(Saved entries)
-- ===== src/Server/Delivery.antt =====
-- Which bytes are queued for which client of the list (Src/Server/Server.cpp).
pub mod Broadcast
use p2pchat.Prelude.{
  ℕ, ◌≡◌, ◌≢◌, refl, ◌∙◌, ap, subst, Bool, true, false, ◌==◌, some, Bool-cases, inl, inr, List, [],
  ◌∷◌, ◌++◌, arith, All, if◌then◌else◌, leb,
}
use p2pchat.Outcome.{Outcome, ok, fail, undefined, exited, stuck, Reader, resume, modify}
use p2pchat.Session.{ClientHandle, rank}
use p2pchat.Session.Packets.{IsReady}
use p2pchat.Session.Sent.{
  Sent, Sent-trans, Sent-nil, Sent-core, IsFit, Sent-IsFit, info, send_user_info-Sent,
}
use p2pchat.Session.Cores.{Core, core}
use p2pchat.Session.Sending.{send_user_info}
use p2pchat.Server.{
  Server, find_client, first_with, Spread, spread_on, answer_back, broadcast_loop, is_logged_in,
  broadcast_user_info,
}
use p2pchat.Server.Clients.{find_client-cases, found-unique_id}

pub found-All :
    (P : ClientHandle → Type 0) (id : ℕ) (cs : List ClientHandle) (c : ClientHandle)
    → All P cs
    → find_client id cs ≡ some c
    → P c
unfolding find_client
found-All P id [] c h found = cc
found-All P id (c' ∷ cs) c (h, hs) found = elim (find_client-cases id c' cs c found) [
  | inl (e, same) ↦ subst P same h
  | inr (e, rest) ↦ found-All P id cs c hs rest
]

-- The first client with a number is replaced.
abbrev pub put : ℕ → ClientHandle → List ClientHandle → List ClientHandle
put id c' [] = []
put id c' (c ∷ cs) = if c.unique_id == id then c' ∷ cs else c ∷ put id c' cs

pub first_with-put :
    (id : ℕ) (call : Reader ClientHandle (Unit {0})) (cs : List ClientHandle) (c : ClientHandle)
    → find_client id cs ≡ some c
    → first_with id call cs ≡ ((call c).0, put id (call c).1 cs)
unfolding first_with find_client
first_with-put id call [] c found = cc
first_with-put id call (c' ∷ cs) c found = elim (find_client-cases id c' cs c found) [
  | inl (e, same) ↦ rw e (ap (λ x. ((call x).0, (call x).1 ∷ cs)) same)
  | inr (e, rest) ↦ rw e (ap (λ x. (x.0, c' ∷ x.1)) (first_with-put id call cs c rest))
]

-- The other clients, in the order of the list, as one is told of them.
abbrev pub infos : ℕ → List ClientHandle → List ℕ
infos id [] = []
infos id (c ∷ cs) = if c.unique_id == id then infos id cs else info (core c) ++ infos id cs

-- Every client but the one with the number has been sent the bytes.
pub data Told (id : ℕ) (bytes : List ℕ) : List ClientHandle → List ClientHandle → Type 0 where
  none_left : Told id bytes [] []
  passed :
      (c : ClientHandle) (cs cs' : List ClientHandle)
      → c.unique_id ≡ id
      → Told id bytes cs cs'
      → Told id bytes (c ∷ cs) (c ∷ cs')
  sent :
      (c c' : ClientHandle) (cs cs' : List ClientHandle)
      → c.unique_id ≢ id
      → Sent bytes c c'
      → Told id bytes cs cs'
      → Told id bytes (c ∷ cs) (c' ∷ cs')

pub resume-ok {ℓ κ} :
    {A : Type ℓ} {B : Type κ} (r : Outcome (Unit {0}) × A) (next : A → Outcome (Unit {0}) × B)
    (stop : A → B)
    → r.0 ≡ ok tt
    → resume r next stop ≡ next r.1
resume-ok (ok _, a) next stop e = refl
resume-ok (fail, a) next stop e = cc
resume-ok (undefined, a) next stop e = cc
resume-ok (exited, a) next stop e = cc
resume-ok (stuck, a) next stop e = cc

PROBLEM: After locating the line with "(r : Outcome", output that line and every later one exactly, through the end of the entries above.

ANSWER BOX:
    {A : Type ℓ} {B : Type κ} (r : Outcome (Unit {0}) × A) (next : A → Outcome (Unit {0}) × B)
    (stop : A → B)
    → r.0 ≡ ok tt
    → resume r next stop ≡ next r.1
resume-ok (ok _, a) next stop e = refl
resume-ok (fail, a) next stop e = cc
resume-ok (undefined, a) next stop e = cc
resume-ok (exited, a) next stop e = cc
resume-ok (stuck, a) next stop e = cc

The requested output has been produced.